* PROBLEM DETAILS: Only one stretch of the data below is needed. Output the lines from the one with "split_lem (ident a)" up to and including the one with "let (order, further)", exactly as they stand.

* DATA FOR THE TASK:

-- ===== src/Ident/CompareTotal.antt =====
-- internal/util/ident/compare.go: the loop of `Compare` ends, and `Split` does not panic in it.
use cdc_sink.Base.{
  ℕ, zero, suc, ◌-◌, ◌<◌, ◌≡◌, refl, ap, ◌∙◌, ◌⊎◌, inl, inr, true, ◌&&◌, ◌||◌, Option, none, some,
  [], ◌∷◌, Bool-cases, arith, ◌==◌,
}
use cdc_sink.Base.Int.{ℤ, pos, int_eq}
use cdc_sink.Ident.{
  Text, Ident, ArrayKey, Schema, QualifiedKey, Identifier, ident, schema, table, empty,
  empty_identifier, compare_text, atom_raw, split, split_qualified, shift_in, atom_empty,
  array_empty, qualified_empty,
}
use cdc_sink.Ident.Compare.{
  is_blank, compare_ends, compare_parts, compare_loop, compare, equal, canonical_ident,
}

-- A bound on the parts that `Split` takes off before the rest is blank.
abbrev size : Identifier → ℕ
size (ident a) = 1
size (schema none) = 1
size (schema (some key)) = elim key.second [ none ↦ 1 | some b ↦ 2 ]
size (table t) = 3

size_lt : (x : Identifier) → size x < 4
size_lt (ident a) = omega arith
size_lt (schema none) = omega arith
size_lt (schema (some key)) = ground arith
size_lt (table t) = omega arith

size_pos : (x : Identifier) → 0 < size x
size_pos (ident a) = omega arith
size_pos (schema none) = omega arith
size_pos (schema (some key)) = ground arith
size_pos (table t) = omega arith

-- The first part and a smaller remainder, or a blank one.
abbrev Splits : Identifier → Type 0
Splits x =
    (part : Ident) × (rest : Identifier) × (split x ≡ some (part, rest))
    × ((empty rest ≡ true) ⊎ (size rest < size x))

shift_in-size :
    (b terminal : Ident)
    → (next : ArrayKey) × (shift_in (record { first = b; second = none }) terminal ≡ some next)
      × (size (schema (some next)) < 3)
unfolding shift_in
shift_in-size none none = (record { first = none; second = none }, refl, omega arith)
shift_in-size none (some t) = (record { first = some t; second = none }, refl, omega arith)
shift_in-size (some b) none = (record { first = some b; second = none }, refl, omega arith)
shift_in-size (some b) (some t) = (record { first = some b; second = some t }, refl, omega arith)

split_namespace :
    (namespace : Schema) (terminal : Ident)
    → (part : Ident) × (rest : Identifier) × (split_qualified
          (record { namespace = namespace; terminal = terminal })
        ≡ some (part, rest))
      × ((empty rest ≡ true) ⊎ (size rest < 3))
unfolding split_qualified empty
split_namespace none terminal = (terminal, empty_identifier, refl, inl refl)
split_namespace (some key) terminal = elim (Bool-cases (array_empty (some key))) [
  | inl blank ↦ (terminal, empty_identifier, rw blank refl, inl refl)
  | inr filled ↦
      let (next, run, small) = shift_in-size key.second terminal in
      (key.first, schema (some next), rw (filled, run) refl, inr small)
]

split_table :
    (namespace : Schema) (terminal : Ident)
    → Splits (table (some (record { namespace = namespace; terminal = terminal })))
unfolding split
split_table namespace terminal =
    let q : QualifiedKey = record { namespace = namespace; terminal = terminal } in
    elim (Bool-cases (qualified_empty (some q))) [
      | inl blank ↦ (none, empty_identifier, rw blank refl, unfold empty in inl refl)
      | inr filled ↦
          let (part, rest, run, small) = split_namespace namespace terminal in
          (part, rest, rw filled run, small)
    ]

split_key :
    (first second : Ident) → Splits (schema (some (record { first = first; second = second })))
unfolding split empty
split_key first none = elim (Bool-cases (atom_empty first && atom_empty none)) [
  | inl blank ↦ (none, empty_identifier, rw blank refl, inl refl)
  | inr filled ↦
      (first, schema (some (record { first = none; second = none })), rw filled refl, inl refl)
]
split_key first (some b) = elim (Bool-cases (atom_empty first && atom_empty (some b))) [
  | inl blank ↦ (none, empty_identifier, rw blank refl, inl refl)
  | inr filled ↦ (
    first,
    schema (some (record { first = some b; second = none })),
    rw filled refl,
    inr (omega arith),
  )
]

split_lem : (x : Identifier) → Splits x
unfolding split empty
split_lem (ident a) = (a, empty_identifier, refl, inl refl)
split_lem (schema none) = (none, empty_identifier, refl, inl refl)
split_lem (schema (some key)) = split_key key.first key.second
split_lem (table none) = (none, empty_identifier, refl, inl refl)
split_lem (table (some q)) = split_table q.namespace q.terminal

module _ (to_lower : Text → Text) where
  compare_loop-blank :
      (fuel : ℕ) (x y : Identifier)
      → empty x ≡ true
      → compare_loop to_lower (suc fuel) (some x) (some y) ≡ some (compare_ends (some x) (some y))
  unfolding compare_loop is_blank
  compare_loop-blank fuel x y blank = rw (blank, compare_loop) refl

  compare_loop-total :
      (fuel : ℕ) (x y : Identifier)
      → size x < fuel
      → (order : ℤ) × (compare_loop to_lower fuel (some x) (some y) ≡ some order)
  unfolding compare_loop is_blank
  compare_loop-total zero x y enough = absurd (omega (arith, enough))
  compare_loop-total (suc fuel) x y enough = elim (Bool-cases (empty x || empty y)) [
    | inl blank ↦ (compare_ends (some x) (some y), rw blank refl)
    | inr filled ↦
        let (part, rest, run, small) = split_lem x in
        let (part', rest', run', _) = split_lem y in
        elim (Bool-cases (compare_parts to_lower part part' == pos 0)) [
          | inr differs ↦ (compare_parts to_lower part part', rw (filled, run, run', differs) refl)
          | inl same ↦ elim small [
            | inr less ↦
                let (order, further) =
                  compare_loop-total fuel rest rest' (omega (arith, less, enough)) in
                (order, rw (filled, run, run', same) further)
            | inl blank ↦
                let more : fuel ≡ suc (fuel - 1) = omega (arith, enough, size_pos x) in
                let further =
                  ap (λ f. compare_loop to_lower f (some rest) (some rest')) more
                  ∙ compare_loop-blank (fuel - 1) rest rest' blank in
                (compare_ends (some rest) (some rest'), rw (filled, run, run', same) further)
          ]
        ]
  ]

  -- `Compare` ends for all identifiers, nil ones included, and none of its calls of `Split` panics.
  pub compare_total : (a b : Option Identifier) → (order : ℤ) × (compare to_lower a b ≡ some order)
  unfolding compare
  compare_total none b = (compare_ends none b, unfold compare_loop in refl)
  compare_total (some x) none = (compare_ends (some x) none, unfold compare_loop in refl)
  compare_total (some x) (some y) = compare_loop-total 4 x y (size_lt x)

-- A text is the same as itself.
compare_text_refl : (s : Text) → compare_text s s ≡ pos 0
unfolding compare_text
compare_text_refl [] = refl
compare_text_refl (c ∷ s) = ground (arith, compare_text_refl s)

module _ (to_lower : Text → Text) where
  compare_ends_refl : (x : Identifier) → empty x ≡ true → compare_ends (some x) (some x) ≡ pos 0
  unfolding compare_ends is_blank
  compare_ends_refl x blank = rw blank refl

  compare_loop_refl :
      (fuel : ℕ) (x : Identifier) (order : ℤ)
      → compare_loop to_lower fuel (some x) (some x) ≡ some order
      → order ≡ pos 0
  unfolding compare_loop is_blank compare_parts
  compare_loop_refl zero x order run = cc
  compare_loop_refl (suc fuel) x order run =
      let (part, rest, taken, small) = split_lem x in
      let same = compare_text_refl (atom_raw (canonical_ident to_lower part)) in
      elim (Bool-cases (empty x)) [
        | inl blank ↦ ground (arith, run, blank, compare_ends_refl x blank)
        | inr filled ↦ compare_loop_refl fuel rest order (ground (arith, run, filled, taken, same))
      ]

  -- `Equal` holds of an identifier and itself.
  pub equal_refl : (a : Option Identifier) → equal to_lower a a ≡ true
  unfolding equal compare
  equal_refl none = unfold compare_loop in refl
  equal_refl (some x) =
      let (order, run) = compare_total to_lower (some x) (some x) in
      let zero_order = compare_loop_refl 4 x order run in rw (run, equal) (rw zero_order refl)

* SOLUTION TO THE PROBLEM:
split_lem (ident a) = (a, empty_identifier, refl, inl refl)
split_lem (schema none) = (none, empty_identifier, refl, inl refl)
split_lem (schema (some key)) = split_key key.first key.second
split_lem (table none) = (none, empty_identifier, refl, inl refl)
split_lem (table (some q)) = split_table q.namespace q.terminal

module _ (to_lower : Text → Text) where
  compare_loop-blank :
      (fuel : ℕ) (x y : Identifier)
      → empty x ≡ true
      → compare_loop to_lower (suc fuel) (some x) (some y) ≡ some (compare_ends (some x) (some y))
  unfolding compare_loop is_blank
  compare_loop-blank fuel x y blank = rw (blank, compare_loop) refl

  compare_loop-total :
      (fuel : ℕ) (x y : Identifier)
      → size x < fuel
      → (order : ℤ) × (compare_loop to_lower fuel (some x) (some y) ≡ some order)
  unfolding compare_loop is_blank
  compare_loop-total zero x y enough = absurd (omega (arith, enough))
  compare_loop-total (suc fuel) x y enough = elim (Bool-cases (empty x || empty y)) [
    | inl blank ↦ (compare_ends (some x) (some y), rw blank refl)
    | inr filled ↦
        let (part, rest, run, small) = split_lem x in
        let (part', rest', run', _) = split_lem y in
        elim (Bool-cases (compare_parts to_lower part part' == pos 0)) [
          | inr differs ↦ (compare_parts to_lower part part', rw (filled, run, run', differs) refl)
          | inl same ↦ elim small [
            | inr less ↦
                let (order, further) =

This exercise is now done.